Check bitte mal auf dem master server, ob mysql auf allen externen IP's alsucht und ob es nicht in der my.cnf auf ip 127.0.0.1 gebunden ist. Dann füge auf dem master zwei weitere mysql root User hinzu, einen für den hostnamen des slaves und einen für die IP des slaves, damit Du Dich von dort aus auch verbinden kannst.


----------



## vpns2000 (15. Nov. 2009)

Hallo Till,
danke für deine Antwort.
ich habe via phpMyAdmin einen user angelegt und es funkt jetzt.
muss ich dann auch das ganze setup mit ja bestätigen oder nur die Dienste die der server ausführen soll?
LG


----------



## Till (16. Nov. 2009)

Nur die Dienste, die der Server ausführen soll und Die Du auf dem Server installiert hast.


----------



## vpns2000 (16. Nov. 2009)

Hallo Till,
Danke für die antwort.
nach dem ich auf allen dreien servern nach dem howto forgegengen bin bis auf quota (die kann ich nicht installieren oder nicht in die fstab eintrage) könnten alle die selben dienste ausführen.
Ich habe aber gesehen das man unter der konfig vom master host die dienste wegklicken kann. hat das dann einen einfluss darauf?

Ich verstehe zwar da system dahinter noch nicht aber ich werde es schon mal hinbekommen.
Danke


----------



## Till (17. Nov. 2009)

> Ich habe aber gesehen das man unter der konfig vom master host die dienste wegklicken kann. hat das dann einen einfluss darauf?

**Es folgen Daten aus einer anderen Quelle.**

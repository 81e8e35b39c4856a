-- ===== src/Tests/Files.antt =====
-- The theorems on open files and on the page cache, at small states.
use flog_fs.Base.{
  some, ℕ, ◌<◌, ◌≤◌, ◌≡◌, ◌↔◌, refl, inr, arith, true, List, [], ◌∷◌, ◌==◌, if◌then◌else◌,
}
use flog_fs.Structs.{SectorSpare, failure, success, tail_sector}
use flog_fs.Flash.{
  flash_erase_block, flash_block_is_bad, flash_read_sector, flash_write_sector, flash_commit,
  flash_write_spare,
}
use flog_fs.Fs.{flog_close_sector, Fs, WriteFile, flog_open_page}
use flog_fs.Fs.Cache.{IsCoherent}
use flog_fs.Fs.Returns.{Opened, flog_open_page_lem}
use flog_fs.Tests.Lists.{list, free_nodes, list-IsPrealloc}
use flog_fs.Write.{flogfs_write, flog_commit_file_sector, commit_depth}
use flog_fs.Write.Order.{
  IsBlock, nth_sector, nth_sector-onto, nth_sector-injective, nth_sector-inside,
}
use flog_fs.Write.Buffer.{IsWriter, Buffered, flogfs_write-Buffered}
use flog_fs.Write.Flushable.{flogfs_write-IsFlushable}
use flog_fs.FileWalk.{FileWalkState, FileSeek}
use flog_fs.Read.Seek.{Misplaced, file_seek_walk-Misplaced}
use flog_fs.Write.Depth.{IsFlushable, flog_commit_file_sector-depth}
use flog_fs.Open.Close.{write_and_close, write_and_close-lost}
use flog_fs.Api.{initialize, format, perform, Reachable, initialized, called}
use flog_fs.Api.Coherent.{Reachable-IsCoherent}
use flog_fs.Tests.Scenario.{params, power_on, blank_writer}
use flog_fs.Run.{Run, ok, panic, out_of_fuel}
use flog_fs.Run.Returns.{Returns}

abbrev block_of_two_pages : IsBlock params
block_of_two_pages = record { two_pages = omega arith; small = omega arith }

nth_sector-onto_example : (k : ℕ) × (k ≤ 6) × (nth_sector params k ≡ 4)
nth_sector-onto_example = nth_sector-onto params block_of_two_pages 4 (omega arith) (omega arith)

seventh : nth_sector params 6 ≡ nth_sector params 6
seventh = refl

nth_sector-injective_example : ◌≡◌ {A = ℕ} 6 6
nth_sector-injective_example =
    nth_sector-injective params block_of_two_pages 6 6 (omega arith) (omega arith) seventh

nth_sector-inside_example :
    (0 < nth_sector params 6)
    × (nth_sector params 6 < 8)
    × ((nth_sector params 6 ≡ tail_sector) ↔ (◌≡◌ {A = ℕ} 6 6))
nth_sector-inside_example = nth_sector-inside params block_of_two_pages 6 (omega arith)

-- The file at the tail sector of its block, with 4 bytes of data behind the header.
abbrev writer : WriteFile
writer = record blank_writer { sector = 3; offset = 20; sector_remaining_bytes = 492 }

abbrev writing : Fs
writing = record power_on { write_files = λ _. writer; write_head = 1 }

abbrev writer-IsWriter : IsWriter writer
writer-IsWriter = record { full = omega arith; room = omega arith }

abbrev three : List ℕ
three = 1 ∷ 2 ∷ 3 ∷ []

flogfs_write-Buffered_example :
    Returns (λ n s'. (n ≡ 3) × Buffered 1 three writing s') (flogfs_write 1 three writing)
flogfs_write-Buffered_example = flogfs_write-Buffered 1 three writing writer-IsWriter (omega arith)

write_and_close-lost_example :
    Returns (λ n s'. (n ≡ 3) × (s'.chip ≡ writing.chip)) (write_and_close 1 three writing)
write_and_close-lost_example =
    write_and_close-lost 1 three writing refl writer-IsWriter (omega arith) refl

-- Another file is dirty, at the first sector of its block.
abbrev dirty : Fs
dirty = record writing {
  dirty_block = record { block = 2; file = 2 };
  write_files =
      λ p. if p == 2 then record blank_writer { block = 2; sector = 1; offset = 12 } else writer;
}

flog_commit_file_sector-depth_example :
    flog_commit_file_sector commit_depth 1 three dirty ≡ flog_commit_file_sector 5 1 three dirty
flog_commit_file_sector-depth_example =
    flog_commit_file_sector-depth 3 1 three dirty (inr (refl, refl))

-- what a call leaves
unfoldable pub final : {A : Type 0} → Run Fs A → Fs
final (ok _ s) = s
final panic = power_on
final out_of_fuel = power_on

abbrev after_write : Fs
unfolding final flogfs_write
after_write = final (flogfs_write 1 three dirty)

after_write_lem : flogfs_write 1 three dirty ≡ ok 3 after_write
unfolding final flogfs_write
after_write_lem = refl

flogfs_write-IsFlushable_example : IsFlushable after_write
flogfs_write-IsFlushable_example =
    flogfs_write-IsFlushable 1 three 3 dirty after_write refl (inr (refl, refl)) after_write_lem

-- At the first sector of a block with 100 bytes of data, on the way to position 10.
abbrev spare : SectorSpare
spare = record { type_id = 2; nothing = 0; nbytes = 100 }

abbrev walk_state : FileWalkState
walk_state = record {
  block = 1;
  sector = 1;
  last_block = true;
  tail_header = record {
    universal = record { next_block = 0; padding = 0; next_age = 0; timestamp = 0 };
    bytes_in_block = 0;
  };
  sector_spare = some spare;
}

abbrev seek : FileSeek
seek = record {
  status = failure;
  position = 0;
  desired = 10;
  block = 1;
  sector = 1;
  offset = 0;
  bytes_remaining = 0;
}

file_seek_walk-Misplaced_example : Misplaced walk_state spare seek
file_seek_walk-Misplaced_example =
    file_seek_walk-Misplaced walk_state spare seek refl (omega arith) (omega arith) (omega arith)
      (omega arith) (omega arith)

-- the cache with page 1 of block 2 open
abbrev cached : Fs
cached = record power_on {
  chip = record power_on.chip { open_block = 2; open_page = 1 };
  prealloc = list;
  cache_status = record {
    current_open_block = 2;
    current_open_page = 1;
    page_open = true;
    page_open_result = success;
  };
}

cached-IsCoherent : IsCoherent cached
cached-IsCoherent = record { block = λ _. refl; page = λ _. refl; result = λ _. refl }

flog_open_page_lem_example :
    Returns (λ result s'. Opened 30 1 (1 ∷ []) cached result s') (flog_open_page 30 1 cached)
flog_open_page_lem_example =
    flog_open_page_lem 30 1 cached (2 ∷ free_nodes) (1 ∷ []) (0 ∷ []) list-IsPrealloc
      cached-IsCoherent

abbrev started : Fs
unfolding final perform
started = final (perform (initialize params) power_on)

abbrev pub formatted : Fs
unfolding final perform
formatted = final (perform format started)

started_lem : perform (initialize params) power_on ≡ ok tt started
unfolding final perform
started_lem = refl

formatted_lem : perform format started ≡ ok tt formatted
unfolding final perform flash_erase_block flash_block_is_bad flash_read_sector flog_close_sector
    flash_write_sector flash_commit flash_write_spare
formatted_lem = refl

pub formatted-Reachable : Reachable formatted
formatted-Reachable =
    called format started formatted (initialized params power_on started started_lem) formatted_lem

Reachable-IsCoherent_example : IsCoherent formatted
Reachable-IsCoherent_example = Reachable-IsCoherent formatted formatted-Reachable
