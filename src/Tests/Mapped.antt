-- ===== src/Tests/Mapped.antt =====
-- The theorems on the mapped file and its log, at a chip of four blocks of two pages.
use flog_fs.Base.{refl, true, false, some, none, [], ◌∷◌}
use flog_fs.Flash.{mapped_sector_ptr, spare_offset}
use flog_fs.Mmap.{
  Mmap, Os, flogfs_linux_open, flogfs_linux_close, flash_erase_block, flash_write_sector,
  flash_write_spare,
}
use flog_fs.Mmap.Logged.{IsLogged, flash_driver-IsLogged}
use flog_fs.Mmap.Undo.{Undoable, Stuck, Failing, flash_write_sector-Undoable, undo_incomplete}
use flog_fs.Mmap.Session.{Answered, flogfs_linux_open-flogfs_linux_close}
use flog_fs.Tests.Scenario.{params}
use flog_fs.Run.{◌>>◌}
use flog_fs.Run.Returns.{Returns}

abbrev copying : Mmap
copying = record {
  chip = record {
    mapped = λ _. 0xff;
    open_block = 1;
    open_page = 1;
    pages_per_block = 2;
    random = λ i. i;
    draws = 0;
  };
  mapped = true;
  fd = some 3;
  mapped_size = 20480;
  log = record { copy_on_write = true; entries = [] };
}

flash_driver-IsLogged_example : IsLogged copying
flash_driver-IsLogged_example = flash_driver-IsLogged copying

flash_write_sector-Undoable_example :
    Returns (λ _ s'. Undoable copying s') (flash_write_sector (7 ∷ 8 ∷ []) 5 3 copying)
flash_write_sector-Undoable_example =
    flash_write_sector-Undoable (7 ∷ 8 ∷ []) 5 3 copying refl (λ x p q. refl)

undo_incomplete_example :
    Returns
      (λ _ s'.
        Stuck (mapped_sector_ptr copying.chip 0 (spare_offset 5)) (2 ∷ 0 ∷ 5 ∷ 0 ∷ []) copying s')
      (flash_write_spare (2 ∷ 0 ∷ 5 ∷ 0 ∷ []) 5 copying)
    × Returns (λ _ s'. Failing copying s') (flash_erase_block 2 copying)
undo_incomplete_example = undo_incomplete (2 ∷ 0 ∷ 5 ∷ 0 ∷ []) 5 2 copying refl (λ x p q. refl)

abbrev closed : Mmap
closed = record copying { mapped = false; fd = none }

-- A system that fails to map the file, and one that does it.
abbrev failing : Os
failing = record {
  open_file = λ _. some 3;
  lseek = λ fd size. true;
  write = λ fd. true;
  mmap = λ size fd. none;
}

abbrev working : Os
working = record failing { mmap = λ size fd. some (λ _. 0) }

flogfs_linux_open-flogfs_linux_close_example : Returns (Answered working) (
    (flogfs_linux_open failing true params
        >> flogfs_linux_close
        >> flogfs_linux_open working false params)
      closed)
flogfs_linux_open-flogfs_linux_close_example =
    flogfs_linux_open-flogfs_linux_close failing working true false params params closed
      (record { no_fd = refl; unmapped = refl })
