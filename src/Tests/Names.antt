-- ===== src/Tests/Names.antt =====
-- The theorem on the names of files, at two names.
use flog_fs.Base.{ℕ, ◌≡◌, ◌↔◌, true, arith, List, [], ◌∷◌}
use flog_fs.Structs.{max_fname_len}
use flog_fs.Inode.{strncmp_equal}
use flog_fs.Open.{name_field}
use flog_fs.Open.Names.{IsString, strncmp_equal-name_field}
use flog_fs.Tests.Scenario.{power_on}

abbrev log : List ℕ
log = b'l' ∷ b'o' ∷ b'g' ∷ []

abbrev logs : List ℕ
logs = b'l' ∷ b'o' ∷ b'g' ∷ b's' ∷ []

log-IsString : IsString log
log-IsString = (omega arith, (omega arith, (omega arith, tt)))

logs-IsString : IsString logs
logs-IsString = (omega arith, (omega arith, (omega arith, (omega arith, tt))))

strncmp_equal-name_field_example :
    (strncmp_equal max_fname_len log (name_field power_on logs) ≡ true) ↔ (log ≡ logs)
strncmp_equal-name_field_example =
    strncmp_equal-name_field power_on log logs log-IsString logs-IsString (omega arith)
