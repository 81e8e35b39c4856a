-- ===== src/Write/Ends.antt =====
-- Writing ends: the bounds on the rounds of `flogfs_write` and on the depth of its recursion are
-- enough.
use flog_fs.Base.{
  ℕ, zero, suc, ◌+◌, ◌^◌, ◌<◌, ◌≡◌, ◌≢◌, refl, true, false, Bool-cases, inl, inr, List, [], ◌==◌,
  leb, length, take, drop, length-drop, add16, sub16, add32, arith,
}
use flog_fs.Structs.{
  FlogResult, success, succeeded, SectorSpare, tail_sector, block_type_file, file_tail_size,
  block_idx_invalid,
}
use flog_fs.Prealloc.{BlockAlloc}
use flog_fs.Prealloc.Listed.{IsListed}
use flog_fs.Fs.{Fs, WriteFile, DirtyBlock, null, clean}
use flog_fs.Fs.Listed.{Listed, listed_rules}
use flog_fs.Alloc.Listed.{flog_allocate_block-Listed}
use flog_fs.Write.{
  put_file, data_nbytes, with_tail_header, advance, next_block_file, with_init_header,
  write_file_sector, write_inner, commit_inner, commit_tail_into, commit_tail, flush_write_by,
  flush_dirty_by, commit_by, flog_commit_file_sector, commit_depth, buffer_bytes, write_loop,
  flogfs_write,
}
use flog_fs.Write.Depth.{IsFlushable, commit_inside, commit_inner-IsClean}
use flog_fs.Write.Flushable.{flog_commit_file_sector-IsFlushable, buffer_bytes-IsFlushable}
use flog_fs.Run.{Cmd, out_of_fuel, and_then, modify, pure, ◌>>◌}
use flog_fs.Run.Keeps.{Holds-ok}
use flog_fs.Run.Ends
use flog_fs.Run.Ends.{Ends, ends, failed, Lasts, Ends-ne-out_of_fuel}

-- The lists are well formed; nothing is said of the files.
abbrev Lists : Fs → Type 0
Lists s = IsListed s.prealloc

abbrev Nothing : DirtyBlock → (ℕ → WriteFile) → Type 0
Nothing d w = Unit {0}

write_file_sector-Listed :
    (f : WriteFile) (bytes : List ℕ) (spare : SectorSpare)
    → Lasts (Listed Nothing) (write_file_sector f bytes spare)
unfolding write_file_sector
write_file_sector-Listed f bytes spare = search listed_rules depth 20

-- Room is left in the sector that the file has come to.
abbrev HasRoom : ℕ → Fs → Type 0
HasRoom file s =
    (0 < (s.write_files file).sector_remaining_bytes)
    × ((s.write_files file).sector_remaining_bytes < 2 ^ 16)

-- the end of a commit: the file comes to another sector
abbrev put_then : ℕ → (Fs → WriteFile) → Cmd Fs FlogResult
put_then file next = do modify (λ s. put_file file (next s) s); pure success

module _ (file : ℕ) where
  abbrev Committed : FlogResult → Fs → Type 0
  Committed done s = Lists s × ((succeeded done ≡ true) → HasRoom file s)

  put_then-Ends :
      (next : Fs → WriteFile) (s : Fs)
      → Lists s
      → 0 < (next s).sector_remaining_bytes
      → (next s).sector_remaining_bytes < 2 ^ 16
      → Ends Committed (put_then file next s)
  put_then-Ends next s h some bound =
      let same : (file == file) ≡ true = ground arith in
      ends {s = put_file file (next s) s} (h, λ _. rw same (some, bound))

  -- a commit that writes a sector, and moves on
  write_then-Ends :
      (f : WriteFile) (bytes : List ℕ) (spare : SectorSpare) (next : Fs → WriteFile) (s : Fs)
      → Lists s
      → ((t : Fs)
          → (0 < (next t).sector_remaining_bytes) × ((next t).sector_remaining_bytes < 2 ^ 16))
      → Ends Committed (and_then (write_file_sector f bytes spare s) (λ _. put_then file next))
  write_then-Ends f bytes spare next s h room =
      Ends.bind {k = λ _. put_then file next}
        ((write_file_sector-Listed f bytes spare).at s (h, tt))
        λ _ t k. put_then-Ends next t k.0 (room t).0 (room t).1

  write_inner-Ends : (bytes : List ℕ) (s : Fs) → Lists s → Ends Committed (write_inner file bytes s)
  unfolding write_inner advance
  write_inner-Ends bytes s h =
      let f = with_init_header (s.write_files file) in
      write_then-Ends f bytes
        (record {
          type_id = block_type_file;
          nothing = s.stack 1;
          nbytes = data_nbytes (s.write_files file) (length bytes);
        })
        (λ t. advance t.params (length bytes) f) s h (λ t. (ground arith, ground arith))

  commit_inner-Ends :
      (bytes : List ℕ) (s : Fs) → Lists s → Ends Committed (commit_inner file bytes s)
  unfolding commit_inner
  commit_inner-Ends bytes s h = elim (Bool-cases (s.dirty_block.file == file)) [
    | inl e ↦ rw e (write_inner-Ends bytes (record s { dirty_block = clean }) h)
    | inr e ↦ rw e (write_inner-Ends bytes s h)
  ]

  commit_nothing : (s : Fs) → Lists s → Ends (λ _ t. Lists t) (commit_inner file [] s)
  commit_nothing s h = Ends.mono (commit_inner-Ends [] s h) (λ _ t k. k.0)

  commit_tail_into-Ends :
      (next : BlockAlloc) (bytes : List ℕ) (s : Fs)
      → Lists s
      → Ends Committed (commit_tail_into next file bytes s)
  unfolding commit_tail_into next_block_file
  commit_tail_into-Ends next bytes s h =
      let f = with_tail_header next (add32 s.t 1) (length bytes) (s.write_files file) in
      write_then-Ends f bytes
        (record {
          type_id = s.stack 1;
          nothing = s.stack 2;
          nbytes = sub16 (add16 (s.write_files file).offset (length bytes)) file_tail_size;
        })
        (λ _. next_block_file next (length bytes) f)
        (record s { dirty_block = record { block = next.block; file = file }; t = add32 s.t 1 }) h
        (λ t. (omega arith, omega arith))

-- Flushing the dirty file, which has not come to the last sector of its block, ends at the first
-- level of the recursion.
flush_write-Ends :
    (k dirty : ℕ) (s : Fs)
    → Lists s
    → s.dirty_block.file ≡ dirty
    → (dirty == null) ≡ false
    → ((s.write_files dirty).sector == tail_sector) ≡ false
    → Ends (λ _ t. Lists t) (flush_write_by (flog_commit_file_sector (suc k)) dirty s)
unfolding flush_write_by
flush_write-Ends k dirty s h same some_file inside = rw (commit_inside k dirty [] s inside) (
    Ends.bind (Ends.adding (commit_nothing dirty s h) (commit_inner-IsClean dirty [] s same))
      λ done t (lists, clean). elim (Bool-cases (succeeded done)) [
        | inr e ↦ rw e (ends lists)
        | inl e ↦
            let other : (dirty == t.dirty_block.file) ≡ false = ground arith in
            rw (e, other) (ends lists)
      ])

flush_dirty-Ends :
    (k : ℕ) (s : Fs)
    → Lists s
    → IsFlushable s
    → Ends (λ _ t. Lists t) (flush_dirty_by (flog_commit_file_sector (suc k)) s)
unfolding flush_dirty_by
flush_dirty-Ends k s h flushable = elim (Bool-cases (s.dirty_block.block == block_idx_invalid)) [
  | inl e ↦ rw e (ends h)
  | inr e ↦ elim flushable [
    | inl none_dirty ↦ cc
    | inr (some_file, inside) ↦ rw e (
        Ends.bind (flush_write-Ends k s.dirty_block.file s h refl some_file inside)
          λ _ t lists. ends lists)
  ]
]

module _ (file : ℕ) where
  commit_tail-Ends :
      (k : ℕ) (bytes : List ℕ) (s : Fs)
      → Lists s
      → IsFlushable s
      → Ends
          (Committed file)
          (commit_tail (flush_dirty_by (flog_commit_file_sector (suc k))) file bytes s)
  unfolding commit_tail
  commit_tail-Ends k bytes s h flushable = Ends.bind (flush_dirty-Ends k s h flushable) λ _ t lists.
      Ends.bind ((flog_allocate_block-Listed Nothing).at t (lists, tt)) λ next u (lists', _).
        elim (Bool-cases (next.block == block_idx_invalid)) [
          | inl e ↦ rw e (ends (lists', λ impossible. cc))
          | inr e ↦ rw e (commit_tail_into-Ends file next bytes u lists')
        ]

  flog_commit_file_sector-Ends :
      (bytes : List ℕ) (s : Fs)
      → Lists s
      → IsFlushable s
      → Ends (Committed file) (flog_commit_file_sector commit_depth file bytes s)
  unfolding flog_commit_file_sector commit_by
  flog_commit_file_sector-Ends bytes s h flushable =
      elim (Bool-cases ((s.write_files file).sector == tail_sector)) [
        | inl e ↦ rw e (commit_tail-Ends 0 bytes s h flushable)
        | inr e ↦ rw e (commit_inner-Ends file bytes s h)
      ]

-- What writing to a file needs, and brings about again.
pub record IsWritable (file : ℕ) (s : Fs) : Type 0 where
  pub listed : IsListed s.prealloc
  pub flushable : IsFlushable s
  pub room : 0 < (s.write_files file).sector_remaining_bytes
  pub word : (s.write_files file).sector_remaining_bytes < 2 ^ 16

module _ (file : ℕ) (some_file : (file == null) ≡ false) where
  -- A commit that succeeds leaves the file writable.
  commit-IsWritable :
      (bytes : List ℕ) (s : Fs)
      → IsWritable file s
      → Ends
          (λ done t.
            IsListed t.prealloc × IsFlushable t × ((succeeded done ≡ true) → IsWritable file t))
          (flog_commit_file_sector commit_depth file bytes s)
  commit-IsWritable bytes s w =
      Ends.mono
        (Ends.adding (flog_commit_file_sector-Ends file bytes s w.listed w.flushable) (
          (flog_commit_file_sector-IsFlushable file some_file commit_depth bytes).at s w.flushable))
        λ done t ((lists, room), flushable). (
          lists,
          flushable,
          λ e. record {
            listed = lists;
            flushable = flushable;
            room = (room e).0;
            word = (room e).1;
          },
        )

  -- The file is writable again if all bytes have been taken, or else a commit has failed.
  buffer_bytes-Ends :
      (src : List ℕ) (count : ℕ) (s : Fs)
      → IsWritable file s
      → length src < (s.write_files file).sector_remaining_bytes
      → Ends
          (λ _ t. IsListed t.prealloc × IsFlushable t)
          ((do buffer_bytes file src; pure (add32 count (length src))) s)
  unfolding buffer_bytes
  buffer_bytes-Ends src count s w lt =
      ends (w.listed, Holds-ok ((buffer_bytes-IsFlushable file some_file src).at s w.flushable))

  write_loop-Ends :
      (k : ℕ) (src : List ℕ) (count : ℕ) (s : Fs)
      → length src < k
      → IsWritable file s
      → Ends (λ _ t. IsListed t.prealloc × IsFlushable t) (write_loop k file src count s)
  unfolding write_loop
  write_loop-Ends zero src count s lt w = absurd (omega arith)
  write_loop-Ends (suc k) src count s lt w = elim (Bool-cases (length src == 0)) [
    | inl e ↦ rw e (ends (w.listed, w.flushable))
    | inr e ↦
        let n = (s.write_files file).sector_remaining_bytes in
        elim (Bool-cases (leb n (length src))) [
          | inr small ↦ rw (e, small) (buffer_bytes-Ends src count s w (ground arith))
          | inl large ↦
              rw (e, large)
                (Ends.bind (commit-IsWritable (take n src) s w) λ done t (lists, flushable, ready).
                  elim (Bool-cases (succeeded done)) [
                    | inr failing ↦ rw failing (ends (lists, flushable))
                    | inl passed ↦ rw passed (
                        write_loop-Ends k (drop n src) (add32 count n) t
                          (ground (arith, length-drop n src, w.room)) (ready passed))
                  ])
        ]
  ]

-- A write to a file of the application that has room left in its sector ends: it returns, or an
-- assertion fails. The rounds of its loop and the two levels of its recursion are enough, from any
-- state with well-formed preallocation lists in which the dirty file has not come to the last sector
-- of its block.
pub flogfs_write-Ends :
    (file : ℕ) (src : List ℕ) (s : Fs)
    → (file == null) ≡ false
    → IsWritable file s
    → flogfs_write file src s ≢ out_of_fuel
unfolding flogfs_write
flogfs_write-Ends file src s some_file w =
    Ends-ne-out_of_fuel (write_loop-Ends file some_file (length src + 1) src 0 s (omega arith) w)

Das hat nur Einfluß auf das Interface, da zu dem Zeitpunkt die Dienste ja bereits auf dem slave konfiguriert sind.


----------



## vpns2000 (17. Nov. 2009)

Hallo 
also das heist jetzt im klartext, das ich mir vorher gedanken machen sollte welche dienste welcher host ausführen soll. Wenn ich das habe dann muss ich aber auch beim expertmode von ISP3 auch nur diese Dienste konfigurieren lassen.
Ist das soweit auch richtig?

LG


----------



## Till (18. Nov. 2009)

Du solltest natürlich nur die benötigten Dienste auf einem Server installieren, schont ressourcen und verkleinert die Angriffsfläche für Hacker.


----------



## vpns2000 (25. Nov. 2009)

hallo,
habe jetzt auf dem ISP3 host einen Reseller, Kunden und Domain angelegt.
Beim DNS habe ich meinen 2ten DNS angegeben auf dem ebenfalls ISP3 installiert ist.
Nun habe ich mich via ISP3 Web auf den DNS verbunden um dor nachzusehen ob auch da die DNS einträge gemacht wurden.
Leider sehe ich da nur die Domain aber keine Records dazu.
Ist das normal oder mache ich da einen Fehler???

LG


----------



## Till (26. Nov. 2009)

Wo hast Du was wie genau nachgesehen? Mit phpmyadmin? Auf slaveservern darf ja garkein ISPConfig Interface installiert sein, sonst schlägt duie Replikation fehl.


----------



## vpns2000 (26. Nov. 2009)

Hallo Till.
also ich habe auf dem 1 Server Debian und ISP3 nach dem Howto Installiert.
Danah habe ich 2 Wetere XenServer aufgesetzt und diese ebenfalls nach dem Debian Howto Installiert. Alle drei Server bieten die selben services an und haben alle das selbe ISP3 inkl. Interface drauf.
Wenn ich jetzt auf server 1 einen Reseller, Kunden und Domain anlege funktioniert das solange alles auf einem Server läuft.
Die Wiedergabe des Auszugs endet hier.